TLR2-mediated epithelial cell activation by the Tannerella forsythia BspA protein

OBJECTIVES: Tannerella forsythia is a gram-negative anaerobe strongly associated with pathogenesis of human periodontitis. One of the putative virulence factors of this bacterium is the BspA protein, a cell surface-associated or secreted protein belonging to the leucine-rich repeat (LRR) protein family. BspA has been shown to interact with a variety of host cells through Toll-like receptor (TLR) signaling. Since gingival epithelium forms a barrier against periodontal pathogens, this study was undertaken to determine if gingival epithelial cells respond to BspA challenge and if TLRs play any role in BspA recognition. The study was also directed towards identifying the BspA domains responsible for cellular activation. To determine the role of TLRs in BspA-mediated activation of epithelial cells leading to chemokine secretion and to identify active domains/epitopes of BspA involved in TLR activation.
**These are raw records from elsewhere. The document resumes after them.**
-- ===== src/Gateway.antt =====
-- crates/gateway: the sessions of its clients. Sockets and tasks are tokio's.
pub mod Session
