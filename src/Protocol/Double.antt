-- ===== src/Protocol/Double.antt =====
-- The `f64` operations of crates/protocol and crates/marketdata: the hardware's, a parameter of the
-- model. Of the casts, the Rust reference says that one to an integer saturates and takes NaN to 0.
pub mod Whole
use order_matching_engine_ru.Prelude.{ℕ}
use order_matching_engine_ru.Prelude.Int.{ℤ, IsI64}

pub record Double : Type 1 where
  pub F64 : Type 0
  pub of_i64 : ℤ → F64
  pub of_u64 : ℕ → F64
  pub mul : F64 → F64 → F64
  pub div : F64 → F64 → F64
  pub round : F64 → F64
  pub to_i64 : F64 → ℤ
  pub to_i64-IsI64 : (x : F64) → IsI64 (to_i64 x)
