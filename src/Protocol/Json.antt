-- ===== src/Protocol/Json.antt =====
-- crates/protocol/src/json_codec.rs, and crates/gateway/src/router.rs up to the reject reasons. A Rust
-- `String` is its bytes. Reading and writing JSON is serde_json's, over what serde derives.
pub mod SymbolId
mod Examples
use Prim.Native.Nat.{bit_xor}
use Prim.Native.String.{String}
use order_matching_engine_ru.Prelude.{ℕ, ◌*◌, ◌%◌, ◌^◌, Option, some, List, [], ◌∷◌}
use order_matching_engine_ru.Prelude.Int.{ℤ, pos}
use order_matching_engine_ru.Core.Types.{
  Side, OrderType, TimeInForce, NewOrder, Command, RejectReason, unknown_symbol, duplicate_id,
  unknown_id, zero_qty, bad_price, fok_unfillable, market_no_liquidity, self_trade, rate_limited,
}
use order_matching_engine_ru.Protocol.Double.{Double}

abbrev pub Str : Type 0
Str = List ℕ

abbrev pub tick_scale : ℤ
tick_scale = pos 10000

pub data JsonSide : Type 0 where
  buy sell : JsonSide

pub data JsonOrderType : Type 0 where
  limit market ioc fok stop_market stop_limit : JsonOrderType

pub data JsonTif : Type 0 where
  gtc day : JsonTif

-- One round of the hash, and the hash.
unfoldable pub hash_byte : ℕ → ℕ → ℕ
hash_byte h b = (bit_xor h b * 0x01000193) % 2 ^ 32

unfoldable pub hash_from : ℕ → Str → ℕ
unfolding hash_byte
hash_from h [] = h
hash_from h (b ∷ bs) = hash_from (hash_byte h b) bs

unfoldable pub symbol_to_id : Str → ℕ
unfolding hash_from
symbol_to_id s = hash_from 0x811c9dc5 s

unfoldable pub side_of : JsonSide → Side
side_of JsonSide.buy = Side.buy
side_of JsonSide.sell = Side.sell

unfoldable pub kind_of : JsonOrderType → OrderType
kind_of JsonOrderType.limit = OrderType.limit
kind_of JsonOrderType.market = OrderType.market
kind_of JsonOrderType.ioc = OrderType.ioc
kind_of JsonOrderType.fok = OrderType.fok
kind_of JsonOrderType.stop_market = OrderType.stop_market
kind_of JsonOrderType.stop_limit = OrderType.stop_limit

unfoldable pub tif_of : JsonTif → TimeInForce
tif_of JsonTif.gtc = TimeInForce.gtc
tif_of JsonTif.day = TimeInForce.day

unfoldable pub reject_reason_str : RejectReason → String
reject_reason_str unknown_symbol = "unknown_symbol"
reject_reason_str duplicate_id = "duplicate_id"
reject_reason_str unknown_id = "unknown_id"
reject_reason_str zero_qty = "zero_qty"
reject_reason_str bad_price = "bad_price"
reject_reason_str fok_unfillable = "fok_unfillable"
reject_reason_str market_no_liquidity = "no_liquidity"
reject_reason_str self_trade = "self_trade"
reject_reason_str rate_limited = "rate_limited"

module _ (D : Double) where
  open D use {F64}

  unfoldable pub dollars_to_ticks : F64 → ℤ
  dollars_to_ticks d = D.to_i64 (D.round (D.mul d (D.of_i64 tick_scale)))

  unfoldable pub ticks_to_dollars : ℤ → F64
  ticks_to_dollars t = D.div (D.of_i64 t) (D.of_i64 tick_scale)

  pub record JsonNewOrder : Type 0 where
    pub id : ℕ
    pub symbol : Str
    pub side : JsonSide
    pub kind : JsonOrderType
    pub tif : JsonTif
    pub price : F64
    pub stop_price : F64
    pub qty : ℕ

  pub record JsonCancel : Type 0 where
    pub id : ℕ
    pub symbol : Str

  pub record JsonReplace : Type 0 where
    pub id : ℕ
    pub symbol : Str
    pub new_price : F64
    pub new_qty : ℕ

  pub data JsonInbound : Type 0 where
    new : JsonNewOrder → JsonInbound
    cancel : JsonCancel → JsonInbound
    replace : JsonReplace → JsonInbound

  -- `NewOrder::from`
  unfoldable pub order_from : JsonNewOrder → NewOrder
  unfolding symbol_to_id side_of kind_of tif_of dollars_to_ticks
  order_from j = record {
    id = j.id;
    symbol = symbol_to_id j.symbol;
    side = side_of j.side;
    kind = kind_of j.kind;
    tif = tif_of j.tif;
    price = dollars_to_ticks j.price;
    stop_price = dollars_to_ticks j.stop_price;
    qty = j.qty;
  }

  unfoldable pub json_to_command : JsonInbound → Option Command
  unfolding order_from symbol_to_id dollars_to_ticks
  json_to_command (JsonInbound.new n) = some (Command.new (order_from n))
  json_to_command (JsonInbound.cancel c) = some (Command.cancel c.id (symbol_to_id c.symbol))
  json_to_command (JsonInbound.replace r) =
      some (Command.replace r.id (dollars_to_ticks r.new_price) r.new_qty (symbol_to_id r.symbol))
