-- ===== src/Gateway/Session.antt =====
-- crates/gateway/src/session.rs: the loop of one session, over the lines that it reads until the
-- client is gone. `parse_inbound` is serde_json's reading of a message, a parameter, with its errors.
pub mod Answers
mod Examples
use order_matching_engine_ru.Prelude.{
  ℕ, Bool, true, false, not, ◌||◌, ◌&&◌, Option, none, some, List, [], ◌∷◌, ◌++◌, ◌==◌, leb,
  if◌then◌else◌, Outcome, ◌>>=◌,
}
use order_matching_engine_ru.Prelude
use order_matching_engine_ru.Prelude.Result.{Result, ok, err}
use order_matching_engine_ru.Core.Types.{Command, Sequenced}
use order_matching_engine_ru.Engine.Channel.{Channel}
use order_matching_engine_ru.Engine.Submit.{Engine, submit}
use order_matching_engine_ru.Protocol.Double.{Double}
use order_matching_engine_ru.Protocol.Json.{JsonInbound, json_to_command}

-- A line is its characters.
abbrev pub Line : Type 0
Line = List ℕ

-- The property White_Space of Unicode, which `trim` goes by.
unfoldable pub is_whitespace : ℕ → Bool
is_whitespace c =
    (leb 9 c && leb c 13)
    || c == 32
    || c == 0x85
    || c == 0xa0
    || c == 0x1680
    || (leb 0x2000 c && leb c 0x200a)
    || c == 0x2028
    || c == 0x2029
    || c == 0x202f
    || c == 0x205f
    || c == 0x3000

unfoldable pub trim_start : Line → Line
unfolding is_whitespace
trim_start [] = []
trim_start (c ∷ cs) = if is_whitespace c then trim_start cs else c ∷ cs

abbrev pub end_with : ℕ → Line → Line
end_with c [] = if is_whitespace c then [] else c ∷ []
end_with c (d ∷ ds) = c ∷ d ∷ ds

unfoldable pub trim_end : Line → Line
unfolding is_whitespace
trim_end [] = []
trim_end (c ∷ cs) = end_with c (trim_end cs)

unfoldable pub trim : Line → Line
unfolding trim_start trim_end
trim l = trim_end (trim_start l)

-- A line that is read, the time of its `submit`, and whether the client takes the answer.
pub record Input : Type 0 where
  pub line : Line
  pub now : ℕ
  pub sent : Bool

-- What is written: `{"t":"error","msg":"…"}`, `{"t":"submitted","seq":…}`, and the error `ring_full`.
pub data Response (E : Type 0) : Type 0 where
  error : E → Response E
  submitted : (seq : ℕ) → Response E
  ring_full : Response E

module _ (K : Channel Sequenced) (D : Double) {E : Type 0}
    (parse_inbound : Line → Result (JsonInbound D) E) where
  abbrev pub response_to : Result ℕ Command → Response E
  response_to (ok seq) = submitted seq
  response_to (err _) = ring_full

  unfoldable pub run_command :
      Option Command → ℕ → Engine K → Outcome (Option (Response E) × Engine K)
  run_command none now e = Prelude.ok (none, e)
  run_command (some cmd) now e = do
    (answer, e) ← submit K cmd now e
    Prelude.ok (some (response_to answer), e)

  unfoldable pub run_message :
      Result (JsonInbound D) E → ℕ → Engine K → Outcome (Option (Response E) × Engine K)
  unfolding run_command json_to_command
  run_message (err x) now e = Prelude.ok (some (error x), e)
  run_message (ok msg) now e = run_command (json_to_command D msg) now e

  abbrev pub unless_empty : Line → ℕ → Engine K → Outcome (Option (Response E) × Engine K)
  unless_empty [] now e = Prelude.ok (none, e)
  unless_empty (c ∷ cs) now e = run_message (parse_inbound (c ∷ cs)) now e

  -- The answer to a line, if there is one, and the engine.
  unfoldable pub run_line : Line → ℕ → Engine K → Outcome (Option (Response E) × Engine K)
  unfolding trim run_message
  run_line line now e = unless_empty (trim line) now e

  -- Only an acknowledgement that cannot be written ends the session.
  unfoldable pub ends_session : Response E → Bool
  ends_session (submitted _) = true
  ends_session _ = false

  -- Whether the session goes on, and what the client was sent: an answer that cannot be written is lost.
  unfoldable pub after_answer :
      Bool → Option (Response E) → List (Response E) → Bool × List (Response E)
  unfolding ends_session
  after_answer sent none out = (true, out)
  after_answer true (some r) out = (true, out ++ r ∷ [])
  after_answer false (some r) out = (not (ends_session r), out)

  -- The loop, with what the client was sent.
  unfoldable pub handle_json_session :
      List Input → Engine K → List (Response E) → Outcome (Engine K × List (Response E))
  unfolding run_line after_answer
  handle_json_session [] e out = Prelude.ok (e, out)
  handle_json_session (i ∷ is) e out = do
    (answer, e) ← run_line i.line i.now e
    let (more, out) = after_answer i.sent answer out
    if more then handle_json_session is e out else Prelude.ok (e, out)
METHODS: Recombinant BspA protein (rBspA) and its truncated mutant derivatives were utilized to stimulate HEK293 cells transiently expressing TLRs alone or in combination. Cellular activation was determined by NF-κB-induced luciferase reporter assay as well as IL-8 ELISA. Alternatively, primary cells from human gingival epithelium were stimulated with BspA and TLR function blocking antibodies were used to identify the receptors involved. To evaluate direct binding of BspA to TLR2, we utilized ligand-receptor binding assay with biotin-labeled BspA as ligand and TLR2-Fc fusion protein coated on microtiter plates as receptor.

RESULTS: BspA binds to TLR2 leading to release of the chemokine IL-8 from human gingival epithelial cells. Furthermore, the LRR domain of BspA is involved in activation of TLR2, while TLR1 serves as a signaling partner.

CONCLUSION: BspA is an important modulator of host innate immune responses through activation of TLR2 in cooperation with TLR1. Further investigations are in progress to identify the peptide epitopes of BspA involved in TLR2 activation. This study was supported by a grant DE014749 (NIDCR).